Fibrinogen non-inherited heterogeneity and its relationship to function in health and disease.

Abstract

In healthy individuals fibrinogen occurs in more than one million non-identical forms because of the many possible combinations of biosynthetically or postbiosynthetically modified or genetically polymorphic sites. The various forms may show considerable differences in their functional properties. Normal variant sites are due to alternative splicing, modification of certain amino acid residues, and proteolysis. Both the A alpha and the gamma chain occur in two splice forms, and it is known that only the shorter gamma chain can interact with platelets, but the longer may bind thrombin and factor XIII. Many types of posttranslationally modified amino acid residues are present in fibrinogen.
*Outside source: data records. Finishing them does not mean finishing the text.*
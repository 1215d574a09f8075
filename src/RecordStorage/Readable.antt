-- ===== src/RecordStorage/Readable.antt =====
-- update_handoff_storage.c and download_checkpoint_storage.c of node-stm32f103/common/storage: loads
-- from a flash that can be read.
use mathlib.Core.Option.{some-injective}
use secure_delta_ota_bootloa.Base.{
  ℕ, ◌≡◌, ◌⊎◌, inl, inr, refl, ap, sym, ◌∙◌, false, Option, none, some, List, arith, Bool-cases,
  if◌then◌else◌,
}
use secure_delta_ota_bootloa.Slots.{Slot, slot_none, slot_a, slot_b, select_newest}
use secure_delta_ota_bootloa.NorFlash.{NorFlash, NorLaws, IsReadable, SameMemory}
use secure_delta_ota_bootloa.ExternalStorage.{read}
use secure_delta_ota_bootloa.ExternalStorage.Frame.{resolve_range-inside}
use secure_delta_ota_bootloa.RecordStorage.{
  RecordKind, KindLaws, AreApart, StoreResult, ok, partition_for_slot, read_slot, read_both,
  read_second, pair_with, loaded, map_first, newest_of, commit, load,
}
use secure_delta_ota_bootloa.RecordStorage.Steps.{
  bytes_in, bytes_in-SameMemory, stored_at, size_of_slot, slot_fits, read_slot-SameMemory,
}
use secure_delta_ota_bootloa.RecordStorage.Coexist.{commit-keeps_other}

module _ (k : RecordKind) (k_laws : KindLaws k) (nor : NorFlash) (laws : NorLaws nor)
    (readable : IsReadable nor) where
  open nor use {Device, memory}

  read_slot-readable :
      (s : Slot) (d : Device) → (read_slot k nor s d).0 ≡ some (stored_at k nor s d)
  unfolding read_slot
  read_slot-readable s d = through (read nor (partition_for_slot s) k.offset k.size d) (
      unfold read in
      rw
        (resolve_range-inside (partition_for_slot s) k.offset k.size
          (rw (size_of_slot s) k_laws.fits) k_laws.nonempty)
        (readable.reads _ _ d (slot_fits k k_laws s)))
    where
      through :
          (result : Option (List ℕ) × Device)
          → result.0 ≡ some (bytes_in k nor (partition_for_slot s) d)
          → (map_first k.decode result).0 ≡ some (stored_at k nor s d)
      through (none, f) e = absurd (cc)
      through (some bs, f) e = ap (λ x. some (k.decode x)) (some-injective _ _ e)

  read_both-readable :
      (d : Device)
      → (read_both k nor d).0 ≡ some (stored_at k nor slot_a d, stored_at k nor slot_b d)
  unfolding read_both
  read_both-readable d =
      through (read_slot k nor slot_a d) (read_slot-readable slot_a d)
        (read_slot-SameMemory k nor laws slot_a d)
    where
      pair :
          (a : k.Rec) (result : Option k.Rec × Device) (b : k.Rec)
          → result.0 ≡ some b
          → (pair_with k nor a result).0 ≡ some (a, b)
      pair a (none, f) b e = absurd (cc)
      pair a (some b', f) b e = ap (λ x. some (a, x)) (some-injective _ _ e)

      through :
          (result : Option k.Rec × Device)
          → result.0 ≡ some (stored_at k nor slot_a d)
          → SameMemory nor d result.1
          → (read_second k nor result).0 ≡ some (stored_at k nor slot_a d, stored_at k nor slot_b d)
      through (none, f) e same = absurd (cc)
      through (some a, f) e same =
          pair a (read_slot k nor slot_b f) (stored_at k nor slot_b d) (
            read_slot-readable slot_b f
            ∙ ap (λ bs. some (k.decode bs))
                (bytes_in-SameMemory k nor (partition_for_slot slot_b) d f same))
          ∙ ap (λ x. some (x, stored_at k nor slot_b d)) (some-injective _ _ e)

  -- What a load returns beside the device.
  abbrev pub view : StoreResult k.Rec Device → StoreResult k.Rec Unit
  view r = record { status = r.status; found = r.found; slot = r.slot; device = tt }

  abbrev outcome : k.Rec → k.Rec → Device → StoreResult k.Rec Device
  outcome a b d = loaded k nor (newest_of k nor a b) a b d

  of_slot :
      (s : Slot) (a b : k.Rec) (f g : Device)
      → view (loaded k nor s a b f) ≡ view (loaded k nor s a b g)
  of_slot slot_none a b f g = refl
  of_slot slot_a a b f g = refl
  of_slot slot_b a b f g = refl

  load-readable :
      (d : Device)
      → view (load k nor d) ≡ view (outcome (stored_at k nor slot_a d) (stored_at k nor slot_b d) d)
  load-readable d = through (read_both k nor d) refl (read_both-readable d)
    where
      through :
          (result : Option (k.Rec × k.Rec) × Device)
          → read_both k nor d ≡ result
          → result.0 ≡ some (stored_at k nor slot_a d, stored_at k nor slot_b d)
          → view (load k nor d)
            ≡ view (outcome (stored_at k nor slot_a d) (stored_at k nor slot_b d) d)
      through (none, f) q e = absurd (cc)
      through (some (a, b), f) q e =
          let both = some-injective _ _ e in
          unfold load in rw (q, ap (λ x. x.0) both, ap (λ x. x.1) both) (of_slot _ _ _ f d)

  abbrev accept : k.Rec → Option k.Rec
  accept x = if k.is_valid x then some x else none

  accept-cases :
      (x y : k.Rec)
      → accept x ≡ accept y
      → (x ≡ y) ⊎ ((k.is_valid x ≡ false) × (k.is_valid y ≡ false))
  accept-cases x y e = elim (Bool-cases (k.is_valid x)) [
    | inl p ↦ elim (Bool-cases (k.is_valid y)) [
      | inl q ↦ inl (some-injective _ _ (rw (p, q) at e))
      | inr q ↦ absurd (ground (arith, e, p, q))
    ]
    | inr p ↦ elim (Bool-cases (k.is_valid y)) [
      | inl q ↦ absurd (ground (arith, e, p, q))
      | inr q ↦ inr (p, q)
    ]
  ]

  -- Records that are not valid do not count.
  outcome-accepted :
      (a b x y : k.Rec) (d e : Device)
      → accept a ≡ accept x
      → accept b ≡ accept y
      → view (outcome a b d) ≡ view (outcome x y e)
  unfolding newest_of select_newest
  outcome-accepted a b x y d e first second =
      of_cases (accept-cases a x first) (accept-cases b y second)
    where
      of_cases :
          (a ≡ x) ⊎ ((k.is_valid a ≡ false) × (k.is_valid x ≡ false))
          → (b ≡ y) ⊎ ((k.is_valid b ≡ false) × (k.is_valid y ≡ false))
          → view (outcome a b d) ≡ view (outcome x y e)
      of_cases (inl p) (inl q) = rw (p, q) (of_slot (newest_of k nor x y) x y d e)
      of_cases (inl p) (inr (q, q')) = elim (Bool-cases (k.is_valid x)) [
        | inl v ↦ rw (p, q, q', v) refl
        | inr v ↦ rw (p, q, q', v) refl
      ]
      of_cases (inr (p, p')) (inl q) = elim (Bool-cases (k.is_valid y)) [
        | inl v ↦ rw (p, p', q, v) refl
        | inr v ↦ rw (p, p', q, v) refl
      ]
      of_cases (inr (p, p')) (inr (q, q')) = rw (p, p', q, q') refl

module _ (own other : RecordKind) (nor : NorFlash) (laws : NorLaws nor) (own_laws : KindLaws own)
    (other_laws : KindLaws other) (apart : AreApart own other) where
  -- With readable flash, a commit of one record that reports success changes nothing that a load of
  -- the other record returns: its status, its record and its slot are the ones of a load before.
  pub commit-load_other :
      (r : own.Rec) (d : nor.Device)
      → IsReadable nor
      → (commit own nor other (some r) d).status ≡ ok
      → let after = load other nor (commit own nor other (some r) d).device in
        let before = load other nor d in
        (after.status ≡ before.status) × (after.found ≡ before.found) × (after.slot ≡ before.slot)
  commit-load_other r d readable done =
      let e = (commit own nor other (some r) d).device in
      let kept = λ (s : Slot).
        commit-keeps_other own other nor laws own_laws other_laws apart r d s readable done in
      let same =
        load-readable other other_laws nor laws readable e
        ∙ outcome-accepted other other_laws nor laws readable _ _ _ _ e d (kept slot_a)
            (kept slot_b)
        ∙ sym (load-readable other other_laws nor laws readable d) in
      (ap (λ v. v.status) same, ap (λ v. v.found) same, ap (λ v. v.slot) same)
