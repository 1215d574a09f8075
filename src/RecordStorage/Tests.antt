-- ===== src/RecordStorage/Tests.antt =====
-- An external flash whose sector A holds a download checkpoint, and commits to it.
use secure_delta_ota_bootloa.Base.{ℕ, ◌≡◌, ◌≢◌, some, refl, arith}
use secure_delta_ota_bootloa.Base.Image.{bytes_of_words, words_of_bytes}
use secure_delta_ota_bootloa.Base.Bytes.{put_u32_le, le16, le32}
use secure_delta_ota_bootloa.Base.Range.{read_range, bytes_equal}
use secure_delta_ota_bootloa.Slots.{
  is_generation_newer, next_generation, select_newest, select_write,
}
use secure_delta_ota_bootloa.Crc32.{calculate, update, shift_bits, shift_bit}
use secure_delta_ota_bootloa.ExtFlash.{is_range_valid, is_sector_aligned}
use secure_delta_ota_bootloa.ExternalStorage.{
  read, write, resolve_range, get_partition, erase_partition, erase_sectors,
}
use secure_delta_ota_bootloa.UpdateHandoff
use secure_delta_ota_bootloa.UpdateHandoff.{UpdateHandoff}
use secure_delta_ota_bootloa.DownloadCheckpoint
use secure_delta_ota_bootloa.DownloadCheckpoint.{
  DownloadCheckpoint, init_session, init_idle, receiving, idle, code,
}
use secure_delta_ota_bootloa.NorFlash.Ram.{nor_ram, nor_ram-NorLaws, nor_ram-IsReadable, store}
use secure_delta_ota_bootloa.RecordStorage.{
  commit, load, ok, read_failed, candidate, newest_of, partition_for_slot, preserved, read_both,
  read_slot, replace_sector, verify_written, write_records,
}
use secure_delta_ota_bootloa.RecordStorage.Kinds.{
  handoff_kind, checkpoint_kind, handoff_laws, checkpoint_laws, handoff-checkpoint-AreApart,
}
use secure_delta_ota_bootloa.RecordStorage.Load.{store_commit-load, candidate_on}
use secure_delta_ota_bootloa.RecordStorage.Readable.{commit-load_other}
use secure_delta_ota_bootloa.RecordStorage
use secure_delta_ota_bootloa.RecordStorage.Checkpoint.{clear-load, progress}

abbrev checkpoint : DownloadCheckpoint
checkpoint = DownloadCheckpoint.Image.seal 5 (init_session receiving 9 2 0x8000 0x1234 0x1000)

abbrev device : ℕ → ℕ
device = store 0x100 (DownloadCheckpoint.encode checkpoint) (λ a. 0xFF)

abbrev request : UpdateHandoff
request = UpdateHandoff.init 9 2 0x4000 0x5678

-- What a commit and a load compute with.
unfoldable run_code : Unit {0}
unfolding commit load candidate newest_of partition_for_slot preserved read_both read_slot
    replace_sector verify_written write_records read write resolve_range get_partition
    erase_partition erase_sectors is_range_valid is_sector_aligned store read_range bytes_equal
    bytes_of_words words_of_bytes le16 le32 put_u32_le select_newest select_write
    is_generation_newer next_generation calculate update shift_bits shift_bit UpdateHandoff.init
    UpdateHandoff.validate UpdateHandoff.decode UpdateHandoff.encode UpdateHandoff.of_words
    UpdateHandoff.finalize UpdateHandoff.calculate_crc UpdateHandoff.Image.seal
    DownloadCheckpoint.validate DownloadCheckpoint.decode DownloadCheckpoint.encode
    DownloadCheckpoint.of_words DownloadCheckpoint.finalize DownloadCheckpoint.calculate_crc
    DownloadCheckpoint.Image.seal init_session init_idle DownloadCheckpoint.session_fields_valid
run_code = tt

handoff_commits : (commit handoff_kind nor_ram checkpoint_kind (some request) device).status ≡ ok
unfolding run_code
handoff_commits = refl

abbrev committed : ℕ → ℕ
committed = (commit handoff_kind nor_ram checkpoint_kind (some request) device).device

handoff_reads : (load handoff_kind nor_ram committed).status ≢ read_failed
unfolding run_code
handoff_reads e = cc

request-IsRecord : UpdateHandoff.Image.IsRecord request
unfolding UpdateHandoff.init
request-IsRecord = omega arith

store_commit-load_example :
    let written =
      candidate_on handoff_kind checkpoint_kind nor_ram nor_ram-NorLaws handoff_laws checkpoint_laws
        handoff-checkpoint-AreApart request device in
    let done = commit handoff_kind nor_ram checkpoint_kind (some request) device in
    (done.found ≡ some written)
    × ((load handoff_kind nor_ram done.device).status ≡ ok)
    × ((load handoff_kind nor_ram done.device).found ≡ some written)
    × ((load handoff_kind nor_ram done.device).slot ≡ done.slot)
store_commit-load_example =
    store_commit-load handoff_kind checkpoint_kind nor_ram nor_ram-NorLaws handoff_laws
      checkpoint_laws handoff-checkpoint-AreApart request device request-IsRecord handoff_commits
      handoff_reads

commit-load_other_example :
    let after = load checkpoint_kind nor_ram committed in
    let before = load checkpoint_kind nor_ram device in
    (after.status ≡ before.status) × (after.found ≡ before.found) × (after.slot ≡ before.slot)
commit-load_other_example =
    commit-load_other handoff_kind checkpoint_kind nor_ram nor_ram-NorLaws handoff_laws
      checkpoint_laws handoff-checkpoint-AreApart request device nor_ram-IsReadable handoff_commits

clear_succeeds : (RecordStorage.Checkpoint.clear nor_ram device).status ≡ ok
unfolding RecordStorage.Checkpoint.clear run_code
clear_succeeds = refl

clear_reads :
    (RecordStorage.Checkpoint.load nor_ram
      (RecordStorage.Checkpoint.clear nor_ram device).device).status
    ≢ read_failed
unfolding RecordStorage.Checkpoint.clear RecordStorage.Checkpoint.load run_code
clear_reads e = cc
The A alpha chain is partially phosphorylated at two sites, possibly leading to protection against proteolysis. The B beta chain is N-glycosylated and partially proline hydroxylated, each at one site. The gamma chain is N-glycosylated at one site and the longer splice form doubly tyrosine-sulfated. The glycosylations are believed to protect against polymerization and proteolysis. All three chains are partially oxidized at methionine residues and deamidated at asparagine and glutamine residues. The A alpha and gamma chain are partially carboxy-terminally degraded by proteolysis, the shorter forms causing a decrease in polymerization, crosslinking, and clot stability. Abnormal variants occur in patients with diabetes mellitus, in the form of glycated lysine residues; in patients with certain types of cancer, in the form of crosslinked degradation products; in patients with certain types of autoimmune disease, in the form of complexes with antibodies; in cigarette smokers; and in individuals treated with acetylsalicylic acid, in the form of acetylated lysine residues.